陆时峥眉骨处多了一道伤,铠甲上也留着洗不去的血痕。
他忽然转身,下了高台。
盛清鸾跟在他后面,“你能不能听见本宫说话?”
“陆时峥,这又是什么鬼地方?”
陆时峥一路走进主帐,掀帘进去后,先摘了佩剑,随后坐到书案前。
他铺开一张纸。
磨墨,执笔。
盛清鸾站在他身侧,低头去看,纸上第一行,写着她的名字。
阿鸾。
盛清鸾愣住。
陆时峥写得很慢,字迹却极稳。
他说今日巡营时,抓了两个偷懒的兵,让她别总嫌他凶,军中规矩不能乱。
又说边关风大,夜里凉,让她少吃冰酪。
最后还写,等他回京,给她带一匹最好的战马。
盛清鸾盯着那封信,手指下意识抓向信纸,却穿透了桌面。
这是写给她的?
可前世,她从未收到过陆时峥的信。
一封都没有。
陆时峥很快写完,将信折好,塞进信封。
帐帘被掀开,一个副将大步进来。
“将军。
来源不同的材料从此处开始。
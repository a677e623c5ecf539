-- ===== src/Queue/Waking/Pledges.antt =====
-- Maintain of internal/queue/queue.go, and the deadlines that running operations hold.
use stitch.Prelude.{
  ℕ, zero, suc, ◌+◌, ◌≤◌, ◌<◌, ◌≡◌, ap, Bool, none, some, List, [], ◌∷◌, ◌++◌, ltb, str_eq, length,
  arith, Bool-cases, Option-cases, List-cases, inl, inr,
}
use stitch.Prelude.Map
use stitch.Prelude.Tally.{bit, tally, tally-append}
use stitch.Queue.Message.{Message}
use stitch.Queue.Order.{LeaseEntry, lease_pop}
use stitch.Queue.Live.{Queue, promote_due, restore_leased_entry}
use stitch.Queue.Ops.{LogAnswer, is_exhausted}
use stitch.Queue.Maintain.{
  Reclaimed, reclaim_entry, reclaim, maintain_reserve, restore_all, commit_requeue, commit_bury,
}
use stitch.Queue.Invariant.{Balanced}
use stitch.Queue.Invariant.Loops.{promote_due-Balanced}
use stitch.Queue.Invariant.Maintenance.{
  Holding, messages, restored, stripped, reclaim-empty, reclaim-later, reclaim-due,
  reclaim_entry-Holding, leases-Balanced,
}
use stitch.Queue.Interleaving.{Pending}
use stitch.Queue.Leases.Operations.{tally-lease_push}
use stitch.Queue.Leases.Reclaim.{lease_pop-Popped}
use stitch.Queue.Leases.Due.{timed-requeue_all, timed-bury_all}
use stitch.Queue.Waking.Heeds.{due_times}
use stitch.Queue.Waking.Steps.{lease_times, promote_due-Heeds}

abbrev pub entry_times : List (Message × LeaseEntry) → List ℕ
entry_times [] = []
entry_times ((m, e) ∷ r) = e.expires_at ∷ entry_times r

entry_times-snoc :
    (p : ℕ → Bool) (r : List (Message × LeaseEntry)) (m : Message) (e : LeaseEntry)
    → tally p (entry_times (r ++ ((m, e) ∷ []))) ≡ tally p (entry_times r) + bit (p e.expires_at)
entry_times-snoc p [] m e = omega arith
entry_times-snoc p ((k, f) ∷ r) m e = omega (arith, entry_times-snoc p r m e)

-- The deadlines that an operation may add to the queue when it goes on.
abbrev pub pledged : Pending → List ℕ
pledged (Pending.enqueueing m) = []
pledged (Pending.granting expires token picked) = lease_times expires picked
pledged (Pending.acking id m) = []
pledged (Pending.nacking m to_dlq visible_at) = []
pledged (Pending.requeueing requeue to_dlq) = entry_times requeue ++ entry_times to_dlq
pledged (Pending.burying to_dlq) = entry_times to_dlq

abbrev pub all_pledged : List Pending → List ℕ
all_pledged [] = []
all_pledged (p ∷ ps) = pledged p ++ all_pledged ps

pub tally-all_pledged :
    (f : ℕ → Bool) (ps : List Pending) (p : Pending) (qs : List Pending)
    → tally f (all_pledged (ps ++ p ∷ qs)) ≡ tally f (pledged p) + tally f (all_pledged (ps ++ qs))
tally-all_pledged f [] p qs = tally-append f (pledged p) (all_pledged qs)
tally-all_pledged f (r ∷ ps) p qs = omega (
  arith,
  tally-all_pledged f ps p qs,
  tally-append f (pledged r) (all_pledged (ps ++ p ∷ qs)),
  tally-append f (pledged r) (all_pledged (ps ++ qs)),
)

-- The deadlines of the queue and of the leases taken back.
abbrev all_times : (ℕ → Bool) → Reclaimed → ℕ
all_times p r =
    due_times p r.queue + (tally p (entry_times r.requeue) + tally p (entry_times r.to_dlq))

all_times-reclaim_entry :
    (p : ℕ → Bool) (e : LeaseEntry) (r : Reclaimed)
    → all_times p (reclaim_entry e r) ≤ bit (p e.expires_at) + all_times p r
unfolding reclaim_entry
all_times-reclaim_entry p e r = elim (Option-cases (Map.lookup e.id r.queue.inflight)) [
  | inl gone ↦ rw (reclaim_entry, gone) (omega arith)
  | inr (m, there) ↦ elim (Bool-cases (str_eq m.lease_token e.token)) [
    | inr stale ↦ rw (reclaim_entry, there, stale) (omega arith)
    | inl fits ↦ elim (Bool-cases (is_exhausted r.queue m)) [
      | inl dead ↦
          rw (reclaim_entry, there, fits, dead) (omega (arith, entry_times-snoc p r.to_dlq m e))
      | inr alive ↦
          rw (reclaim_entry, there, fits, alive) (omega (arith, entry_times-snoc p r.requeue m e))
    ]
  ]
]

module _ (held : List Message) (p : ℕ → Bool) where
  all_times-reclaim :
      (fuel now : ℕ) (r : Reclaimed)
      → Holding held r
      → all_times p (reclaim fuel now r) ≤ all_times p r
  unfolding reclaim
  all_times-reclaim zero now r b = omega arith
  all_times-reclaim (suc fuel) now r b = elim (List-cases r.queue.leases) [
    | inl e ↦ omega (arith, ap (all_times p) (reclaim-empty fuel now r e))
    | inr (top, es, e) ↦ elim (Bool-cases (ltb now top.expires_at)) [
      | inl later ↦ omega (arith, ap (all_times p) (reclaim-later fuel now r top es e later))
      | inr due ↦
          let pos : 0 < length r.queue.leases = omega (arith, ap length e) in
          let popped = lease_pop-Popped r.queue.leases pos b.ordered.leases in
          let e' = (lease_pop r.queue.leases).0 in
          let r1 = stripped fuel now r in
          let next = all_times-reclaim fuel now (reclaim_entry e' r1) (
            reclaim_entry-Holding held e' r1
              (leases-Balanced r.queue (lease_pop r.queue.leases).1 popped.heap b)) in
          omega (
            arith,
            ap (all_times p) (reclaim-due fuel now r top es e due),
            next,
            all_times-reclaim_entry p e' r1,
            popped.same (λ (x : LeaseEntry). p x.expires_at),
          )
    ]
  ]

  pub all_times-maintain_reserve :
      (now : ℕ) (q : Queue) → Balanced held q → all_times p (maintain_reserve now q) ≤ due_times p q
  unfolding maintain_reserve
  all_times-maintain_reserve now q b =
      let q' = promote_due now q in
      let start : Reclaimed = record { queue = q'; requeue = []; to_dlq = [] } in
      let swept =
        all_times-reclaim (length q'.leases) now start (promote_due-Balanced held now q b) in
      omega (arith, swept, (promote_due-Heeds held now q b).dues p)

abbrev timed_times : (ℕ → Bool) → List Message × List LeaseEntry → ℕ
timed_times p (ds, ls) =
    tally (λ (m : Message). p m.visible_at) ds + tally (λ (e : LeaseEntry). p e.expires_at) ls

module _ (held : List Message) (p : ℕ → Bool) where
  due_times-restore_all :
      (r : List (Message × LeaseEntry)) (q : Queue)
      → Balanced (messages r ++ held) q
      → due_times p (restore_all r q) ≤ due_times p q + tally p (entry_times r)
  unfolding restore_all restore_leased_entry
  due_times-restore_all [] q b = omega arith
  due_times-restore_all ((m, e) ∷ r) q b = omega (
    arith,
    due_times-restore_all r (restore_leased_entry m e q) (restored m e (messages r ++ held) q b),
    tally-lease_push (λ x. p x.expires_at) q.leases e b.ordered.leases,
  )

  pub due_times-commit_requeue :
      (now : ℕ) (r : List (Message × LeaseEntry)) (answer : LogAnswer) (q : Queue)
      → Balanced (messages r ++ held) q
      → due_times p (commit_requeue now r answer q) ≤ due_times p q + tally p (entry_times r)
  unfolding commit_requeue
  due_times-commit_requeue now r (some e) q b = due_times-restore_all r q b
  due_times-commit_requeue now r none q b =
      omega (arith, ap (timed_times p) (timed-requeue_all now r q))

  pub due_times-commit_bury :
      (r : List (Message × LeaseEntry)) (answer : LogAnswer) (q : Queue)
      → Balanced (messages r ++ held) q
      → due_times p (commit_bury r answer q) ≤ due_times p q + tally p (entry_times r)
  unfolding commit_bury
  due_times-commit_bury r (some e) q b = due_times-restore_all r q b
  due_times-commit_bury r none q b = omega (arith, ap (timed_times p) (timed-bury_all r q))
”
陆时峥将信递过去,“送回京城,交给公主。”
副将接过信,欲言又止。
陆时峥抬眼,“有话就说。”
副将咬咬牙,“将军,您每日一封信,已经送了大半年。”
“可公主从未回过一封。”
盛清鸾呼吸一滞。
每日一封?
陆时峥摩挲着腕间的红绳,神色有些黯。
“她还在生我的气。”
“大婚当晚,我便来了边关,她不愿理我也是应当。”
盛清鸾盯着他手上的红绳。
那是她前世特意给他求来的平安绳,不是被他丢了吗?
陆时峥起身走到床榻边,从枕头下取出一把匕首。
匕首的刀鞘镶着几颗碎玉,正是她从前最喜欢的样式。
“这个也一并送去。”
陆时峥将匕首交给副将,“她会喜欢。”
“公主从前那样对您,逼您娶她……”
陆时峥的脸沉下来,“出去。”
副将不敢再说,拿着信和匕首退了出去。
盛清鸾站在原地,许久没有动。
陆时峥回到书案前,沉默片刻,又从枕头下取出一张纸。
盛清鸾走过去,纸上画着一个少女。
眉间朱砂,红衣张扬,连眉眼间的骄横都画得清清楚楚。
是前世的她。
陆时峥将画像贴在脸侧,闭了闭眼。
“阿鸾,我好想你。”
盛清鸾嘴角微抽,盯着陆时峥,眼睫颤了颤。
这人什么时候学会说这种酸话了?
陆时峥没察觉她的存在,仍低声道:“我答应过太子殿下,要挣得军功,掌握军权,护你一世无忧。”
“你再等等我。”
“等我回京,我会向你解释。”
“你怎么罚我都可以。”
盛清鸾站在一旁,喉间发涩。
原来他去边关,不是为了躲她。
是盛清恒让他去的。
皇兄早就替她安排好了后路。
可她前世做了什么?
盛清鸾转身想走。
可走到营帐门口,脚下却像被无形的墙挡住。
她出不去。
接下来的日子,她只能跟着陆时峥。
看他练兵。
看他杀敌。
看他夜里满身是血回到营帐,第一件事却是坐到书案前,给她写信。
写今日在边关互市寻得一块极品羊脂玉,正亲手为她雕一支玉簪。
写边关下了一场大雪。
写他梦见她终于肯理他了。
盛清鸾起初还觉得他肉麻,后来却渐渐笑不出来。
那些信,一封都没有送到她手里。
是谁截下了?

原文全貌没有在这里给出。